I put ads on Craig’s List to try to sell Mom’s lovely pair of bedroom dressers, even though my past experience with the site left me skeptical. I had seen the exact set listed on 1st Dibs, an online antique marketplace, so I knew they were valuable. I was surprised when I got a bite from my ads. I suppose I should have gone with my initial gut instinct and realized it was a scam right away, but I needed to remain hopeful that I could sell the pieces. The fake cashier’s check was a dead giveaway, and in the midst of my packing chaos, I let myself believe for a moment that there was a real buyer interested. There wasn’t.
I couldn’t justify lugging those heavy dressers onto my moving van, and pay for the footprint they’d take up, plus I’d have nowhere to put them, so I hired a junk removal service and paid them to take away a truckload of perfectly good, beautiful furniture. They were headed for landfill. I watched in dismay as the junk haulers dragged Mom’s dressers down the three flights of stairs, and threw them carelessly onto the truck. They did the same for the five-piece mahogany Pottery Barn entertainment center from the living room. No one wants furniture like that anymore.

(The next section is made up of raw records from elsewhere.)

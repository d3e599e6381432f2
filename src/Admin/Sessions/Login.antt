-- ===== src/Admin/Sessions/Login.antt =====
-- What a login creates.
use tempcdn.Prelude.{
  ◌+◌, ◌≤◌, ◌≡◌, ◌≢◌, ◌∙◌, sym, ap, refl, true, false, ◌||◌, Option, none, some, [], ◌∷◌, ◌++◌,
  arith, inl, inr, Bool-cases, any,
}
use tempcdn.Text.{Text, same, trim_space, is_empty}
use tempcdn.Text.Laws.{same_iff, same_refl}
use mathlib.Core.Path.{subst}
use tempcdn.Action.{Result, ok, err, Action, wrap, pure, ◌>>=◌}
use tempcdn.Action.Keeps.{bind-eq-ok, bind_of_ok, wrap-eq-ok}
use tempcdn.IdGen.{hash_session_token}
use tempcdn.Metadata.Model.{Time, stored_time, Admin, Error}
use tempcdn.Metadata.Sql.{first_where, update_where}
use tempcdn.Metadata.Tables.{AdminTables, AdminDb}
use tempcdn.Metadata.Admins.{
  has_token, stored_session, find_admin_by_username, insert_admin_session, touch_admin_last_login,
  logged_in,
}
use tempcdn.Metadata.Admins.Effects.{
  Working, find_admin_by_username-eq-ok, find_admin_by_username-tables, insert_admin_session-eq-ok,
  touch_admin_last_login-eq-ok, first_where_append, first_where_update,
}
use tempcdn.Admin.Model.{AdminError, repository, Platform}
use tempcdn.Admin.Sessions.{
  session_ttl, Session, LoginResult, new_session, start_session, after_account, login,
  verify_session,
}
use tempcdn.Admin.Sessions.Valid.{verify_session_of_IsValid}

module _ (p : Platform) where
  -- The tables after the session of this token was started for this account.
  pub record IsStarted (token : Text) (now : Time) (a : Admin) (t t' : AdminTables) : Type 0 where
    pub new_token : any (has_token (hash_session_token p.sha256_hex token)) t.sessions ≡ false
    pub has_account : any (λ b. same b.id a.id) t.admins ≡ true
    pub sessions : t'.sessions ≡ t.sessions ++ stored_session (new_session p token now a) ∷ []
    pub admins : t'.admins ≡ update_where (λ b. same b.id a.id) (logged_in now) t.admins

  abbrev result_of : Text → Time → Admin → LoginResult
  result_of token now a = record { token = token; admin = a; session = new_session p token now a }

  -- The two statements of a session that is started have succeeded.
  start_session-IsStarted :
      (token : Option Text) (now : Time) (a : Admin) (c : AdminDb) (r : LoginResult)
      → (start_session p token now a c).0 ≡ ok r
      → (token ≡ some r.token)
        × (result_of r.token now a ≡ r)
        × IsStarted r.token now a c.tables (start_session p token now a c).1.tables
  unfolding start_session
  start_session-IsStarted none now a c r h = absurd (ground arith)
  start_session-IsStarted (some t) now a c r h =
      subst
        (λ r.
          (some t ≡ some r.token)
          × (result_of r.token now a ≡ r)
          × IsStarted r.token now a c.tables (start_session p (some t) now a c).1.tables)
        same_result (refl, refl, rw (ap {B = AdminDb} (λ q. q.1) run_eq) started)
    where
      insertion : Action AdminDb AdminError (Unit {0})
      insertion = wrap repository (insert_admin_session (new_session p t now a))

      touch : Action AdminDb AdminError (Unit {0})
      touch = wrap repository (touch_admin_last_login a.id now)

      rest : Unit {0} → Action AdminDb AdminError LoginResult
      rest _ = touch >>= λ _. pure (result_of t now a)

      c₁ : AdminDb
      c₁ = (insert_admin_session (new_session p t now a) c).1

      c₂ : AdminDb
      c₂ = (touch_admin_last_login a.id now c₁).1

      first : (u : Unit {0}) × ((insertion c).0 ≡ ok u) × ((rest u c₁).0 ≡ ok r)
      first = bind-eq-ok insertion rest c r h

      second :
          (u : Unit {0}) × ((touch c₁).0 ≡ ok u)
          × (◌≡◌ {A = Result AdminError LoginResult} (ok (result_of t now a)) (ok r))
      second = bind-eq-ok touch (λ _. pure (result_of t now a)) c₁ r first.2

      same_result : result_of t now a ≡ r
      same_result = let e = second.2 in ground arith

      run_eq : start_session p (some t) now a c ≡ (ok (result_of t now a), c₂)
      run_eq =
          bind_of_ok insertion rest c first.0 first.1
          ∙ bind_of_ok touch (λ _. pure (result_of t now a)) c₁ second.0 second.1

      inserted :
          (c₁.tables ≡ record c.tables {
            sessions = c.tables.sessions ++ stored_session (new_session p t now a) ∷ [];
          })
          × (any (has_token (hash_session_token p.sha256_hex t)) c.tables.sessions ≡ false)
          × (any (λ b. same b.id a.id) c.tables.admins ≡ true)
      inserted =
          insert_admin_session-eq-ok (new_session p t now a) c first.0
            (wrap-eq-ok repository (insert_admin_session (new_session p t now a)) c first.0 first.1)

      touched : c₂.tables ≡ record c₁.tables {
        admins = update_where (λ b. same b.id a.id) (logged_in now) c₁.tables.admins;
      }
      touched =
          touch_admin_last_login-eq-ok a.id now c₁ second.0
            (wrap-eq-ok repository (touch_admin_last_login a.id now) c₁ second.0 second.1)

      started : IsStarted t now a c.tables c₂.tables
      started = record {
        new_token = inserted.1;
        has_account = inserted.2;
        sessions = rw (touched, inserted.0) refl;
        admins = rw (touched, inserted.0) refl;
      }

  -- The credentials of an account.
  pub record IsCredentials (username password : Text) (t : AdminTables) (a : Admin) : Type 0 where
    pub has_password : password ≢ []
    pub account : first_where (λ b. same b.username (trim_space username)) t.admins ≡ some a
    pub right_password : p.password_matches a.password_hash password ≡ true

  -- A login that succeeds was given the credentials of an account. It has added one session, for the
  -- new token and this account, which expires a day later, and stamped the account, each time to the
  -- microsecond; the token's hash
  -- was not in use.
  pub login-eq-ok :
      (username password : Text) (token : Option Text) (now : Time) (c : AdminDb) (r : LoginResult)
      → (login p username password token now c).0 ≡ ok r
      → IsCredentials username password c.tables r.admin
        × (token ≡ some r.token)
        × (r.session ≡ new_session p r.token now r.admin)
        × IsStarted r.token now r.admin c.tables (login p username password token now c).1.tables
  unfolding login after_account
  login-eq-ok username password token now c r h =
      elim (Bool-cases (is_empty (trim_space username) || is_empty password)) [
        | inl bad ↦ absurd (ground arith)
        | inr fine ↦ rw fine (
            go (find_admin_by_username (trim_space username) c).0 (λ n. ground (arith, n)) refl
              (rw fine at h))
      ]
    where
      c₁ : AdminDb
      c₁ = (find_admin_by_username (trim_space username) c).1

      begin :
          (a : Admin)
          → password ≢ []
          → (find_admin_by_username (trim_space username) c).0 ≡ ok a
          → p.password_matches a.password_hash password ≡ true
          → (start_session p token now a c₁).0 ≡ ok r
          → IsCredentials username password c.tables r.admin
            × (token ≡ some r.token)
            × (r.session ≡ new_session p r.token now r.admin)
            × IsStarted r.token now r.admin c.tables (start_session p token now a c₁).1.tables
      begin a ne e m k =
          let (t, q, s) = start_session-IsStarted token now a c₁ r k in
          let ea : a ≡ r.admin = ap (λ x. x.admin) q in
          let es : new_session p r.token now a ≡ r.session = ap (λ x. x.session) q in
          (
            record {
              has_password = ne;
              account = rw (← ea) (find_admin_by_username-eq-ok (trim_space username) c a e);
              right_password = rw (← ea) m;
            },
            t,
            rw (← ea) (sym es),
            rw (← ea) (
                subst (λ x. IsStarted r.token now a x (start_session p token now a c₁).1.tables)
                  (find_admin_by_username-tables (trim_space username) c) s),
          )

      go :
          (x : Result Error Admin)
          → password ≢ []
          → (find_admin_by_username (trim_space username) c).0 ≡ x
          → (after_account p password token now x c₁).0 ≡ ok r
          → IsCredentials username password c.tables r.admin
            × (token ≡ some r.token)
            × (r.session ≡ new_session p r.token now r.admin)
            × IsStarted r.token now r.admin c.tables
                (after_account p password token now x c₁).1.tables
      go (ok a) ne e k = elim (Bool-cases (p.password_matches a.password_hash password)) [
        | inl m ↦ rw m (begin a ne e m (rw m at k))
        | inr m ↦ absurd (ground arith)
      ]
      go (err e) ne q k = absurd (ground arith)

  -- A login that succeeds gives a token that is accepted for the same account: let the token not be
  -- empty, let the tables be as the login left them, and let the stored time of the session's expiry,
  -- a day after the login to the microsecond, not have passed. Over a working database the token is
  -- then accepted, for the session as it is stored, its times to the microsecond.
  pub verify_session_of_login :
      (username password : Text) (token : Option Text) (now later : Time) (c d : AdminDb)
      (r : LoginResult)
      → (login p username password token now c).0 ≡ ok r
      → r.token ≢ []
      → later ≤ stored_time (now + session_ttl)
      → Working d
      → d.tables ≡ (login p username password token now c).1.tables
      → (s : Session) × ((verify_session p r.token later d).0 ≡ ok s)
        × (s.session ≡ stored_session r.session)
        × (s.admin.id ≡ r.admin.id)
  verify_session_of_login username password token now later c d r h ne soon w same_tables =
      let (_, _, es, st) = login-eq-ok username password token now c r h in
      let (a, found, same_id) =
        first_where_update (λ b. same b.id r.admin.id) (λ b. same b.id r.admin.id) (logged_in now)
          c.tables.admins (λ b. refl) st.has_account in
      let s : Session = record { admin = a; session = stored_session r.session } in
      (
        s,
        verify_session_of_IsValid p r.token later d s w (record {
          given = ne;
          stored =
              rw (same_tables, st.sessions, es)
                (first_where_append (has_token (hash_session_token p.sha256_hex r.token))
                  c.tables.sessions (stored_session (new_session p r.token now r.admin))
                  st.new_token (same_refl _));
          account = rw (same_tables, st.admins, es) found;
          not_expired = rw es soon;
        }),
        refl,
        (same_iff a.id r.admin.id).0 same_id,
      )
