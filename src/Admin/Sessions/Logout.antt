-- ===== src/Admin/Sessions/Logout.antt =====
-- What a logout does to the session's token.
use tempcdn.Prelude.{◌≡◌, ◌≢◌, refl, none, some, [], ◌∷◌, ◌∙◌, sym, arith}
use tempcdn.Text.{Text}
use tempcdn.Action.{ok}
use tempcdn.Action.Keeps.{wrap-eq-ok}
use tempcdn.IdGen.{hash_session_token}
use tempcdn.Metadata.Model.{Time}
use tempcdn.Metadata.Sql.{first_where}
use tempcdn.Metadata.Tables.{AdminDb}
use tempcdn.Metadata.Admins.{has_token, delete_admin_session}
use tempcdn.Metadata.Admins.Effects.{delete_admin_session-eq-ok, first_where_without}
use tempcdn.Admin.Model.{repository, Platform}
use tempcdn.Admin.Sessions.{Session, verify_session, logout}
use tempcdn.Admin.Sessions.Valid.{verify_session-IsValid}

module _ (p : Platform) where
  logout-stored :
      (token : Text) (c : AdminDb) (u : Unit {0})
      → token ≢ []
      → (logout p token c).0 ≡ ok u
      → first_where
          (has_token (hash_session_token p.sha256_hex token))
          (logout p token c).1.tables.sessions
        ≡ none
  unfolding logout
  logout-stored [] c u ne h = absurd (ne refl)
  logout-stored (t ∷ ts) c u ne h =
      let k = hash_session_token p.sha256_hex (t ∷ ts) in
      rw (delete_admin_session-eq-ok k c u (wrap-eq-ok repository (delete_admin_session k) c u h))
        (first_where_without k c.tables.sessions)

  -- A token is never accepted again while the sessions are as a logout with it that reported no error
  -- left them, at whatever time and however the database answers.
  pub verify_session_of_logout :
      (token : Text) (now : Time) (c d : AdminDb) (u : Unit {0}) (s : Session)
      → (logout p token c).0 ≡ ok u
      → d.tables.sessions ≡ (logout p token c).1.tables.sessions
      → (verify_session p token now d).0 ≢ ok s
  verify_session_of_logout token now c d u s h e k =
      let v = verify_session-IsValid p token now d s k in
      let gone = logout-stored token c u v.given h in
      let l : some s.session ≡ none = sym v.stored ∙ rw e gone in ground arith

One by one, I assembled moving boxes, wrestled with packing tape, crumpled up blank newsprint cushioning, and buried each household item, before sealing the boxes. I meticulously labeled each box and color-coded it with duct tape, so I’d be able to recognize the contents on the other end of their journey.
I gave myself an hour or so in the morning to go out for a run, so I wouldn’t lose my sanity. But the rest of my day was consumed with feverish packing. I wasn’t eating or sleeping or stopping, except to feed the cats, who watched me inquisitively and suspiciously. Why are we doing this again?
I had no help. There wasn’t even anyone to ask.
I was working off a rough check list I’d jotted down as new ideas popped into my head, and I was making decisions with no time to ponder if they were sound. Moving company. Check. Ship the car. Check. Rent a local car. Check. Book the flight. Check. Pay extra for the cats. Check.
With two weeks left before the move, I still did not have an apartment in California, nor an address for the moving company to deliver my belongings. They would sit in a warehouse in New Jersey until I had a place to go. At the last possible minute, I got a text from my sister-in-law with an apartment listing (from Craig’s list no less, so my cynical red flags were up instantly) and a message that if I was interested, I’d need to act quickly. The apartment seemed to meet the criteria I’d laid out, and since I couldn’t exactly check it out for myself in advance, I decided to rent it, sight-unseen, except for the photos in the listing.
What was I thinking?
I drove over to my neighbor’s house and retrieved my two cats, Whisper and Maggie, who were spending the day locked in their bathroom, safe from the movers. Back at the house with them, I let them out to roam around the townhouse for what would be the last days of chez nous – redux.
There was no turning back, no backing out, no other step to take but forward. Even if my inner voice had spoken louder, I wasn’t in the mindset to listen. I’d made the decision on my own. I knew it wasn’t the right one, but the circumstances called for a timely choice, and this was it.
Close, long-time family friends, who were the nearest I had to caring family members, tried to reason with me. Maybe they don’t want you to come, they counseled. I brushed off the warnings. It was not what I wanted to hear. I hoped I could cultivate a better relationship once I lived in the same place as they did. Wouldn’t that make all the difference?
Five years later, the answer is no. Proximity isn’t a substitute for closeness; it doesn’t foster a relationship where there isn’t one.
I can’t go back, but I know I can’t stay. It’s an inner battle and neither side is winning.